Signing away our birthright?

News of smelter officials ignoring summons to a meeting of the Joint Select Committee sounds a warning to all opposed to the smelters (both of them) and even more to those who find the latest news of a proposed ethylene plant(s) alarming – to say the least – with talk of 2,000 acres here, 800 acres there being signed away.

That news raises the spectre of a repeat of the horrific scenes reported in the Press when, so it’s said, sadists in bulldozers and backhoes encircled the area to be cleared and, driving all before them, worked their way inwards, to the centre, laying waste, terrifying and slaughtering wildlife that could not escape the machines.

The wholesale destruction of huge swathes of the natural environment to make way for industrial complexes is only part of the story. The tower blocks rising in Port-of-Spain tell another, even more destructive tale of woe: the destruction of the land itself as bulldozers and backhoes dig sand and gravel from the Northern Basin, leaving behind heaps of sterile spoil, and pools where mosquitoes breed.

Photographs of quarries tell only part of that story of desolation. You have to tour the quarries to begin to appreciate the scale of the destruction.

Fifteen years ago, in another place, I wrote a series of articles featuring the quarries in the Northern Basin, an area which was and, if all I hear of recent developments in the construction industry is true, still is a veritable Wild West where laws protecting the natural environment and protecting water supplies are flouted, where no one dares even to attempt to halt the devastation.

As a result of that series the Field Naturalists’ Club organised a field trip to the Northern Basin quarries; on seeing the second of four or five quarries on that trip, the late Noel Vaucroisson, artist and architect, turned to me and said: “You described these abandoned quarries as looking like moonscapes but I’d no idea they were this bad. It’s appalling.”

It was, and still is. Indeed it is even worse. But I doubt that worries those posing for photo opportunities, signing away acres, (surely that should be hectares since we went metric a decade or so ago?) and shaking hands with those who swear their plants pose no threat to human health. I doubt any of those signing contracts for, or cutting ribbons to open yet another multi storey office block have seen the abomination of desolation created by the quarries in the Northern Basin.

I repeat, only when you have seen the extent of the destruction for yourself can you begin to appreciate the problems future generations will face. A decade or so ago when last I visited National Quarries, I stood on the edge of what can best be described as a series of mini-canyons, the size of two-three American football fields from side to side and, as it were, goal mouth to goal mouth in the triangle of lands from Long Stretch to the quarry entrance on the road from Valencia to Toco Main Road.

But at least National Quarries is extracting all the material in one area, digging down to the next layer when the first is exhausted, and then the next.

When the digging has, perforce, to stop it’s possible that, like Frencham Ponds in the UK, the excavations will fill with water, creating lakes for recreation, for fishing and sailing.

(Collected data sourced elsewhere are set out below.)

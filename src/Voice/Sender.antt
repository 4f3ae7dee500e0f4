-- ===== src/Voice/Sender.antt =====
-- crates/voicetastic-core/src/voice/sender.rs: VoiceSender. What the channels carry is the list of
-- what was sent on them, the latest first; a clock and the random draws are arguments.
pub mod Burst
pub mod Requests
pub mod System
pub mod Terminal
use Prim.Native.String.{String}
use voicetastic_core.Prelude.{
  ℕ, zero, suc, ◌+◌, ◌-◌, ◌%◌, ◌^◌, min, ◌⊎◌, Bool, true, false, not, ◌&&◌, ◌||◌, Option, none,
  some, List, [], ◌∷◌, ◌==◌, if◌then◌else◌, length, get_elem?,
}
use voicetastic_core.Prelude.Assoc.{lookup, remove, update}
use voicetastic_core.Proto.Consts.{secs, max_body_size}
use voicetastic_core.Prelude.Int.{ℤ, pos, negsuc}
use voicetastic_core.Proto.Types.{
  VoiceCodec, amr_nb, ModemPreset, short_turbo, short_fast, short_slow, medium_fast, medium_slow,
  long_fast, long_moderate, long_slow, very_long_slow, pacing, fallback_pacing,
}
use voicetastic_core.Proto.Error.{Result, ok, err, ◌>>=◌}
use voicetastic_core.Proto.Mac.{Sha256}
use voicetastic_core.Proto.ReedSolomon.{ReedSolomon}
use voicetastic_core.Proto.Builder.{BuildConfig, EncodedMessage, build_message, random_message_id}
use voicetastic_core.Voice.Assembler.State.{is_some}
use voicetastic_core.Voice.Outgoing.{
  OutgoingVoiceRegistry, default_retain_ttl, new_registry, register, forget,
}

abbrev pub default_linger : ℕ
default_linger = default_retain_ttl

abbrev pub retransmit_drain_timeout : ℕ
retransmit_drain_timeout = secs 45

pub record SendRequest : Type 0 where
  pub audio : List ℕ
  pub codec : VoiceCodec
  pub codec_param : ℕ
  pub channel : ℕ
  pub to : Option ℕ
  pub parity_count : ℕ
  pub chunk_size : Option ℕ
  pub linger : Option ℕ
  pub stream_seq : ℕ
  pub last_in_stream : Bool
  pub pacing : Option ℕ

abbrev pub default_request : SendRequest
default_request = record {
  audio = [];
  codec = amr_nb;
  codec_param = 0;
  channel = 0;
  to = none;
  parity_count = 0;
  chunk_size = none;
  linger = none;
  stream_seq = 0;
  last_in_stream = true;
  pacing = none;
}

-- `failed` carries no text.
pub data SendStatus : Type 0 where
  building sending : ℕ → ℕ → ℕ → SendStatus
  burst_complete retransmitting : ℕ → List ℕ → SendStatus
  complete gave_up failed : ℕ → SendStatus

unfoldable pub is_terminal : SendStatus → Bool
is_terminal (complete id) = true
is_terminal (gave_up id) = true
is_terminal (failed id) = true
is_terminal (building id d p) = false
is_terminal (sending id n total) = false
is_terminal (burst_complete id ids) = false
is_terminal (retransmitting id chunks) = false

unfoldable pub status_id : SendStatus → ℕ
status_id (building id d p) = id
status_id (sending id n total) = id
status_id (burst_complete id ids) = id
status_id (retransmitting id chunks) = id
status_id (complete id) = id
status_id (gave_up id) = id
status_id (failed id) = id

pub record ActiveSend : Type 0 where
  pub channel : ℕ
  pub to : Option ℕ

pub record VoiceSender : Type 0 where
  pub registry : OutgoingVoiceRegistry
  pub active : List (ℕ × ActiveSend)
  pub lagged_nack_count : ℕ
  pub retransmit_inflight : List (ℕ × ℕ)
  pub emitted : List SendStatus

unfoldable pub new_sender : VoiceSender
unfolding new_registry
new_sender = record {
  registry = new_registry;
  active = [];
  lagged_nack_count = 0;
  retransmit_inflight = [];
  emitted = [];
}

abbrev pub emit : SendStatus → VoiceSender → VoiceSender
emit status s = record s { emitted = status ∷ s.emitted }

-- The task that `run_send` is, by the place where it waits.
pub data Phase : Type 0 where
  starting bursting enqueued lingering ended : Phase
  draining : ℕ → Phase

pub record SendTask : Type 0 where
  pub phase : Phase
  pub frames : List (List ℕ)
  pub position : ℕ
  pub total_frames : ℕ
  pub total_data : ℕ
  pub channel : ℕ
  pub to : Option ℕ
  pub pacing : ℕ
  pub linger : ℕ
  pub packet_ids : List ℕ

-- `contains_key`
unfoldable pub is_active : ℕ → VoiceSender → Bool
unfolding lookup
is_active id s = is_some (lookup ◌==◌ id s.active)

unfoldable pub is_registered : ℕ → VoiceSender → Bool
unfolding lookup
is_registered id s = is_some (lookup ◌==◌ id s.registry.inner)

-- The bytes of one draw, or an error of the system.
abbrev pub Draw : Type 0
Draw = String ⊎ (ℕ × ℕ × ℕ × ℕ)

-- The loop over the tries that are left; `draw` gives the draw of each try, the last one at zero.
unfoldable pub roll_id : ℕ → (ℕ → Draw) → VoiceSender → Result ℕ
unfolding random_message_id is_active is_registered
roll_id zero draw s = random_message_id (draw 0)
roll_id (suc tries) draw s = elim (random_message_id (draw (suc tries))) [
  | err e ↦ err e
  | ok id ↦
      let rest = roll_id tries draw s in
      if not (is_active id s) && not (is_registered id s) then ok id else rest
]

unfoldable pub fresh_message_id : (ℕ → Draw) → VoiceSender → Result ℕ
unfolding roll_id
fresh_message_id draw s = roll_id 8 draw s

abbrev pub unwrap_or {ℓ} : {A : Type ℓ} → Option A → A → A
unwrap_or none d = d
unwrap_or (some a) d = a

-- The presets, by the number that the LoRa configuration gives them.
abbrev presets : List ModemPreset
presets =
    long_fast ∷ long_slow ∷ very_long_slow ∷ medium_slow ∷ medium_fast ∷ short_slow ∷ short_fast
    ∷ long_moderate ∷ short_turbo ∷ []

unfoldable pub modem_preset_from_proto : ℤ → Option ModemPreset
modem_preset_from_proto (pos n) = get_elem? presets n
modem_preset_from_proto (negsuc n) = none

abbrev pacing_or_fallback : Option ModemPreset → ℕ
unfolding pacing fallback_pacing
pacing_or_fallback none = fallback_pacing
pacing_or_fallback (some preset) = pacing preset

-- The number of the preset in the last LoRa configuration, if there was one.
unfoldable pub current_pacing : Option ℤ → ℕ
unfolding modem_preset_from_proto pacing_or_fallback
current_pacing none = pacing_or_fallback none
current_pacing (some lora) = pacing_or_fallback (modem_preset_from_proto lora)

-- What `send` asks of the builder, with the body size of the transport.
unfoldable pub build_config : ℕ → SendRequest → ℕ → BuildConfig
build_config max_voice_body_size req message_id =
    let transport_max_body = min max_voice_body_size max_body_size in
    record {
      message_id = message_id;
      stream_seq = req.stream_seq;
      codec = req.codec;
      codec_param = req.codec_param;
      chunk_size = min (unwrap_or req.chunk_size transport_max_body) transport_max_body;
      parity_count = req.parity_count;
      last_in_stream = req.last_in_stream;
    }

-- The number of data chunks is read when the task starts.
unfoldable pub new_task : SendRequest → Option ℤ → EncodedMessage → SendTask
unfolding current_pacing
new_task req lora encoded = record {
  phase = starting;
  frames = encoded.frames;
  position = 0;
  total_frames = length encoded.frames % 2 ^ 32;
  total_data = 0;
  channel = req.channel;
  to = req.to;
  pacing = unwrap_or req.pacing (current_pacing lora);
  linger = unwrap_or req.linger default_linger;
  packet_ids = [];
}

-- The second half of `send`: the frames are built.
unfoldable pub start_send : SendRequest → ℕ → EncodedMessage → ℕ → VoiceSender → VoiceSender
unfolding register remove
start_send req id encoded now s =
    emit (building id encoded.total_data encoded.parity_count) (record s {
      registry = register s.registry id encoded req.channel req.to now;
      active = (id, record { channel = req.channel; to = req.to }) ∷ remove ◌==◌ id s.active;
    })

unfoldable pub send :
    Sha256
    → ReedSolomon
    → (ℕ → Draw)
    → ℕ
    → Option ℤ
    → ℕ
    → SendRequest
    → VoiceSender
    → Result (VoiceSender × ℕ × SendTask)
unfolding fresh_message_id build_message build_config start_send new_task
send sha rs draw max_voice_body_size lora now req s = do
  id ← fresh_message_id draw s
  encoded ← build_message sha rs req.audio (build_config max_voice_body_size req id)
  ok (start_send req id encoded now s, id, new_task req lora encoded)

-- `cleanup`
unfoldable pub clean_up : ℕ → VoiceSender → VoiceSender
unfolding forget remove
clean_up id s = record s { active = remove ◌==◌ id s.active; registry = forget s.registry id }

unfoldable pub inflight_inc : ℕ → VoiceSender → VoiceSender
unfolding lookup remove
inflight_inc id s = record s {
  retransmit_inflight =
      (id, unwrap_or (lookup ◌==◌ id s.retransmit_inflight) 0 + 1)
      ∷ remove ◌==◌ id s.retransmit_inflight;
}

unfoldable pub lowered : ℕ → Option ℕ → List (ℕ × ℕ) → List (ℕ × ℕ)
unfolding remove update
lowered id none counts = counts
lowered id (some c) counts =
    if c - 1 == 0 then remove ◌==◌ id counts else update ◌==◌ id (c - 1) counts

unfoldable pub inflight_dec : ℕ → VoiceSender → VoiceSender
unfolding lookup lowered
inflight_dec id s = record s {
  retransmit_inflight = lowered id (lookup ◌==◌ id s.retransmit_inflight) s.retransmit_inflight;
}

unfoldable pub inflight_count : ℕ → VoiceSender → ℕ
unfolding lookup
inflight_count id s = unwrap_or (lookup ◌==◌ id s.retransmit_inflight) 0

Illegal quarriers scoop up the sand and gravel lying just below the surface and move on to destroy a next hectare or two of bush leaving the abandoned land a wilderness of heaps of spoil and stagnant pools because it’s too expensive, not “cost effective” to uncover a next layer of material; it’s much cheaper to destroy a next few hectares of bush. Land abandoned by the illegals will cost a pound and a crown – and then some – to level to make the land fit for use for housing, agriculture, or for recreation.

The loss of bush and wildlife is bad enough, the destruction of lands worse, but what will be the costs in human health and happiness when (for, as things are at the moment, what’s to stop them?) National Energy moves in to clear land for ethylene plants?

Every child born alive in TT has the human right to food, shelter and a clean, unpolluted environment – but what will be left of fertile land to grow food, rear cattle, pigs and poultry when a next who-knows how many hectares of productive land and protective bush have been bulldozed to make way for yet another industrial complex?

Surely, in a country as small as Trinidad, there are whole families living on land that is part of the 2000-or 800-acre tracts of land to be set aside for the new industrial complexes? Who knows how many more small farmers, how many little people, will be dispossessed, forced to move whether they will or no.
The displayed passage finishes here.